▸ **EXERCISE DESCRIPTION**:
The entries below contain a stretch that opens with the line containing "Step-Output es (stop_shutdown" and closes with the line containing "before es t"; set down that stretch exactly, both ends included, and nothing else.

Collected data:
* * * * * * * * *
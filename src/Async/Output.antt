-- ===== src/Async/Output.antt =====
-- What the worker of src/async_backend.cpp leaves in the log file.
use logparse.Base.{
  ℕ, ◌≡◌, ◌≢◌, ◌<◌, size_mod, refl, ap, ◌∙◌, sym, List, [], ◌∷◌, ◌++◌, Bytes, All, append_assoc,
  append-nil,
}
use logparse.Async.{Async, make_async, ended, Event, took, wrote_out, silent}
use logparse.Async.Delivery.{all_written}
use logparse.Async.Steps.{
  Step, push_taken, push_refused, count, test_running, test_stopped, pop_record, pop_nothing, write,
  count_processed, all_processed, notify, not_all_processed, drain_record, drain_nothing,
  drain_write, drain_count, last_flush, flush_waits, wakes, flush_passes, stop_flag, stop_shutdown,
  Run, start, then_step, taken, written, written-concat, full,
}
use logparse.Backend.{Backend, emit, flush_sinks}
use logparse.Backend.Files.{Filing, emit-Filing, flush_sinks-Filing, lines_text, lines_text-concat}
use logparse.Config.{OverflowPolicy, block}
use logparse.Formatter.Cache.{line}
use logparse.Formatter.Reads.{Piece, Reads}
use logparse.Platform.{Platform, IsFaithful}
use logparse.Record.{LogRecord}
use logparse.Sink.{Sink}
use logparse.Sink.Disk.{content}
use logparse.Sink.Files.{IsFileless}

-- The file holds, or its stream will write, just the lines of the written records behind what was
-- there; once the worker has ended, the file holds them.
pub record Output {Tm : Type 0} (os : Platform Tm) (p : Bytes) (ps : List Piece)
    (pre post : List Sink) (path before : Bytes) (es : List Event) (s : Async) : Type 0 where
  pub filing : Filing os p pre post path (before ++ lines_text os ps (written es)) s.backend
  pub settled :
      s.worker ≡ ended → content path s.backend.world ≡ before ++ lines_text os ps (written es)

module _ {Tm : Type 0} (os : Platform Tm) (faithful : IsFaithful os) {p : Bytes} {ps : List Piece}
    (reads : Reads p ps) {pre post : List Sink} (fileless : All IsFileless pre)
    (fileless' : All IsFileless post) {path before : Bytes} where
  -- A step that leaves the backend alone.
  unheard :
      (es : List Event) {s t : Async} (e : Event)
      → written (e ∷ []) ≡ []
      → t.backend ≡ s.backend
      → (t.worker ≡ ended → s.worker ≡ ended)
      → Output os p ps pre post path before es s
      → Output os p ps pre post path before (es ++ e ∷ []) t
  unheard es e n b w o =
      let same : written (es ++ e ∷ []) ≡ written es =
        written-concat es e ∙ ap (λ l. written es ++ l) n ∙ append-nil (written es) in
      record { filing = rw (same, b) o.filing; settled = rw (same, b) (λ h. o.settled (w h)) }

  -- The worker writes a record.
  writes :
      (es : List Event) {s t : Async} (r : LogRecord)
      → t.backend ≡ (emit os s.backend r).0
      → t.worker ≢ ended
      → Output os p ps pre post path before es s
      → Output os p ps pre post path before (es ++ wrote_out r ∷ []) t
  unfolding written
  writes es {s} r b w o =
      let (filed, quiet) = emit-Filing os faithful reads fileless fileless' s.backend r o.filing in
      let longer : before ++ lines_text os ps (written (es ++ wrote_out r ∷ []))
          ≡ (before ++ lines_text os ps (written es)) ++ line os ps r =
        ap (λ l. before ++ lines_text os ps l) (written-concat es (wrote_out r))
        ∙ ap (λ l. before ++ l) (lines_text-concat os ps (written es) r)
        ∙ sym (append_assoc before (lines_text os ps (written es)) (line os ps r)) in
      record { filing = rw (longer, b) filed; settled = λ h. absurd (w h) }

  -- The sinks are flushed.
  flushes :
      (es : List Event) {s t : Async}
      → t.backend ≡ flush_sinks s.backend
      → Output os p ps pre post path before es s
      → Output os p ps pre post path before (es ++ silent ∷ []) t
  unfolding written
  flushes es {s} b o =
      let same : written (es ++ silent ∷ []) ≡ written es =
        written-concat es silent ∙ append-nil (written es) in
      let (filed, all_there) =
        flush_sinks-Filing os faithful reads fileless fileless' s.backend o.filing in
      record { filing = rw (same, b) filed; settled = λ h. rw (same, b) all_there }

  Step-Output :
      (es : List Event) {s t : Async} {e : Event}
      → Step os s e t
      → Output os p ps pre post path before es s
      → Output os p ps pre post path before (es ++ e ∷ []) t
  unfolding written
  Step-Output es {s} (push_taken r q e) o = unheard es (took r (full s.queue)) refl refl (λ h. h) o
  Step-Output es (push_refused r q e) o = unheard es silent refl refl (λ h. h) o
  Step-Output es (count n e) o = unheard es silent refl refl (λ h. h) o
  Step-Output es (test_running w e) o = unheard es silent refl refl (λ h. cc h) o
  Step-Output es (test_stopped w e) o = unheard es silent refl refl (λ h. cc h) o
  Step-Output es (pop_record r q w e) o = unheard es silent refl refl (λ h. cc h) o
  Step-Output es (pop_nothing q w e) o = unheard es silent refl refl (λ h. cc h) o
  Step-Output es (write r w) o = writes es r refl (cc) o
  Step-Output es (count_processed r w) o = unheard es silent refl refl (λ h. cc h) o
  Step-Output es (all_processed n w e) o = unheard es silent refl refl (λ h. cc h) o
  Step-Output es (notify w) o = unheard es silent refl refl (λ h. cc h) o
  Step-Output es (not_all_processed n w e) o = unheard es silent refl refl (λ h. cc h) o
  Step-Output es (drain_record r q w e) o = unheard es silent refl refl (λ h. cc h) o
  Step-Output es (drain_nothing q w e) o = unheard es silent refl refl (λ h. cc h) o
  Step-Output es (drain_write r w) o = writes es r refl (cc) o
  Step-Output es (drain_count r w) o = unheard es silent refl refl (λ h. cc h) o
  Step-Output es (last_flush w) o = flushes es refl o
  Step-Output es (flush_waits e) o = unheard es silent refl refl (λ h. h) o
  Step-Output es (wakes n e) o = unheard es silent refl refl (λ h. h) o
  Step-Output es (flush_passes e) o = flushes es refl o
  Step-Output es (stop_flag e) o = unheard es silent refl refl (λ h. h) o
  Step-Output es (stop_shutdown e) o = unheard es silent refl refl (λ h. h) o

  Run-Output :
      {s t : Async} {es : List Event}
      → Run os s es t
      → Output os p ps pre post path before [] s
      → Output os p ps pre post path before es t
  Run-Output start o = o
  Run-Output (then_step {es} r st e) o = rw e (Step-Output es st (Run-Output r o))

  module _ (b : Backend) (n : ℕ) (policy : OverflowPolicy) (blank : LogRecord) where
    make_async-Output :
        Filing os p pre post path before b
        → Output os p ps pre post path before [] (make_async b n policy blank)
    unfolding make_async written lines_text
    make_async-Output f = record { filing = rw (append-nil before) f; settled = λ h. cc h }

    -- Whatever the threads do and under every policy, what was handed over to the log file is what
    -- was there before, and the lines of the written records, each once and in order. The backend
    -- starts with one open file among console and null sinks and with a valid cache, and fmt writes
    -- a text as it is.
    pub file_text :
        {s : Async} {es : List Event}
        → Filing os p pre post path before b
        → Run os (make_async b n policy blank) es s
        → Filing os p pre post path (before ++ lines_text os ps (written es)) s.backend
    file_text f r = (Run-Output r (make_async-Output f)).filing

    -- Under `Block`, once the worker has ended, the log file holds what was there before, and the
    -- line of every record that the queue took, each once and in order. The capacity is positive
    -- and fits `std::size_t`, the backend starts with one open file among console and null sinks
    -- and with a valid cache, and fmt writes a text as it is.
    pub file_complete :
        {s : Async} {es : List Event}
        → 0 < n
        → n < size_mod
        → policy ≡ block
        → Filing os p pre post path before b
        → Run os (make_async b n policy blank) es s
        → s.worker ≡ ended
        → content path s.backend.world ≡ before ++ lines_text os ps (taken es)
    file_complete {s} {es} pos h e f r w =
        (Run-Output r (make_async-Output f)).settled w
        ∙ ap (λ l. before ++ lines_text os ps l) (all_written os b n policy blank pos h e r w)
* * * * * * * * *
▸ **RESPONSE BOX**:
  Step-Output es (stop_shutdown e) o = unheard es silent refl refl (λ h. h) o

  Run-Output :
      {s t : Async} {es : List Event}
      → Run os s es t
      → Output os p ps pre post path before [] s
      → Output os p ps pre post path before es t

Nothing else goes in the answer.